Orange County, California-based BJ’s Restaurants, Inc. (BJRI) reported second quarter 2011 adjusted earnings of 29 cents per share, surpassing the Zacks Consensus Estimate of 27 cents and 26.1% higher than 23 cents posted in the prior-year quarter. The upside in earnings was attributable to double-digit growth in the top line and strong comparable restaurant sales growth. 

Quarter Highlights

Revenues in the reported quarter climbed 17% year over year to $152.9 million, but missed the Zacks Consensus Estimate of $153.0 million by a whisker. The year-over-year upside in revenues was attributed to higher number of operating weeks (up 10.2%) compared with the year-ago quarter.

BJ’s sustained its top-line growth momentum in second quarter 2011 on the back of operating efficiencies, innovative offerings (like introduction of lower calorie Enlightened Entrees menu offerings, increased number of beer taps) and expansion, which have helped the casual dining restaurant operator to drive traffic.

Comparable restaurant sales in the quarter witnessed a substantial growth of 6.9% compared with the jump of 5.3% in the prior-year quarter.

Operating margin climbed 40 basis points (bps) from the year-ago quarter to 6.9%, reflecting a 40-bp plunge in labor and benefits costs, 100-bp decline in occupancy and operating costs and 50-bp fall in general and administrative expenses, partially offset by 50 bps spike in cost of sales.

Store Update

BJ’s opened 3 restaurants during the second quarter of 2011, thus adding to its existing portfolio of 108 restaurants.

BJ’s is one of the few casual dining chains that has been expanding even in a weak economy.

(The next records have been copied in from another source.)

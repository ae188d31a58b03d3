-- ===== src/Text/Tests.antt =====
-- Tests of src/tokenizer/spm.cpp's decode and of the streaming detokenizer: a text token, a
-- character of three byte tokens, and a special id.
use libmlxforge.Common.{ℕ, ◌+◌, ◌≤◌, [], ◌∷◌, some, Bytes, take, ◌≡◌, refl, arith}
use libmlxforge.Text.Spm.{SpmBpeTokenizer, spm_decode, spm_decode-append}
use libmlxforge.Text.Stream.{
  utf8_complete_len, EncoderBackend, tokenizer_decode, new_detokenizer, add, add_all, finish,
}
use libmlxforge.Text.Streaming.{add_all_lem}
use libmlxforge.Text.Whole.{IsMost, whole_lem}
use libmlxforge.Token.Merge.{flat}

abbrev small : SpmBpeTokenizer
small = record {
  id_to_token =
      (b'<' ∷ b's' ∷ b'>' ∷ [])
      ∷ (0xE2 ∷ 0x96 ∷ 0x81 ∷ b'a' ∷ [])
      ∷ (b'<' ∷ b'0' ∷ b'>' ∷ [])
      ∷ (b'<' ∷ b'1' ∷ b'>' ∷ [])
      ∷ (b'<' ∷ b'2' ∷ b'>' ∷ [])
      ∷ [];
  special_ids = 0 ∷ [];
  byte_token_value = (2, 0xE2) ∷ (3, 0x82) ∷ (4, 0xAC) ∷ [];
}

abbrev backend : EncoderBackend
backend = record { decode = spm_decode small; special_ids = small.special_ids }

abbrev euro : Bytes
euro = 0xE2 ∷ 0x82 ∷ 0xAC ∷ []

spm_decode_small :
    spm_decode small (0 ∷ 1 ∷ 2 ∷ 3 ∷ 4 ∷ 9 ∷ 1 ∷ [])
    ≡ b' ' ∷ b'a' ∷ 0xE2 ∷ 0x82 ∷ 0xAC ∷ b' ' ∷ b'a' ∷ []
unfolding spm_decode
spm_decode_small = refl

-- Half of a character is held back, and returned at the end.
held_back :
    add_all backend new_detokenizer (0 ∷ 1 ∷ 2 ∷ 3 ∷ [])
    ≡ some (b' ' ∷ b'a' ∷ [], record { ids = 0 ∷ 1 ∷ 2 ∷ 3 ∷ []; emitted = 2 })
unfolding add_all spm_decode
held_back = refl

released :
    add backend (record { ids = 0 ∷ 1 ∷ 2 ∷ 3 ∷ []; emitted = 2 }) 4
    ≡ some (euro, record { ids = 0 ∷ 1 ∷ 2 ∷ 3 ∷ 4 ∷ []; emitted = 5 })
unfolding add spm_decode
released = refl

add_all_lem_example :
    (add_all backend new_detokenizer (1 ∷ 2 ∷ 3 ∷ [])
      ≡ some (b' ' ∷ b'a' ∷ [], record { ids = 1 ∷ 2 ∷ 3 ∷ []; emitted = 2 }))
    × (4 ≤ 2 + 3)
    × (finish backend (record { ids = 1 ∷ 2 ∷ 3 ∷ []; emitted = 2 })
        ≡ some (0xE2 ∷ 0x82 ∷ [], record { ids = 1 ∷ 2 ∷ 3 ∷ []; emitted = 4 }))
unfolding tokenizer_decode utf8_complete_len spm_decode
add_all_lem_example = add_all_lem backend (spm_decode-append small) (1 ∷ 2 ∷ 3 ∷ [])

whole_lem_example :
    (k : ℕ) × (take (utf8_complete_len (b'a' ∷ 0xE2 ∷ 0x82 ∷ [])) (b'a' ∷ 0xE2 ∷ 0x82 ∷ [])
      ≡ flat (take k ((b'a' ∷ []) ∷ euro ∷ [])))
    × IsMost k ((b'a' ∷ []) ∷ euro ∷ []) 3
whole_lem_example =
    whole_lem ((b'a' ∷ []) ∷ euro ∷ []) (b'a' ∷ 0xE2 ∷ 0x82 ∷ []) (0xAC ∷ [])
      (
        (omega arith, tt),
        (
          (
            (omega arith, omega arith),
            ((omega arith, omega arith), ((omega arith, omega arith), tt)),
          ),
          tt,
        ),
      )
      refl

For fiscal 2011, the company plans to open 12 to 13 restaurants compared with 10 restaurants in fiscal 2010. The company plans to debut 4 new restaurants in the third quarter, of which one has come up and 3 to 4 in the last quarter of 2011.

Financial Position

BJ’s ended the quarter with cash and cash equivalents of $55.6 million and shareholders equity of $311.0 million. As of June 28, 2011, BJ’s long-term debt liability was nil.

Outlook

The company reported better-than-expected results and hence we expect estimates to go up in the coming days. The Zacks Consensus Estimates for 2011 and 2012 are pegged at $1.06 and $1.27, respectively.

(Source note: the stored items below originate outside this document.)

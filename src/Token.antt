-- ===== src/Token.antt =====
-- The byte-level BPE tokenizer, src/tokenizer/bpe.{h,cpp}.
pub mod Utf8
pub mod Unicode
pub mod Ranges
pub mod Piece
pub mod Bpe
pub mod Alphabet
pub mod Merge
pub mod Loop
pub mod Symbols
pub mod Bounds
pub mod Encode
pub mod Cut
pub mod Segments
pub mod FromGguf
pub mod Sorted
pub mod Numbers
pub mod Tables
pub mod Tests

We believe that the company is well positioned to sustain its growth momentum and generate improved earnings. Moreover, BJ’s offers investors one of the strongest growth stories in this space based on its unique position in the commoditized hyper-competitive bar and grill segment, a viable business strategy and a debt free balance sheet.

One of BJ’s primary competitors, Darden Restaurants Inc (DRI) posted fourth quarter 2011 earnings of $1.00 per share, in line with the Zacks Consensus Estimate, but up 23% from the year-ago quarter earnings of 81 cents per share.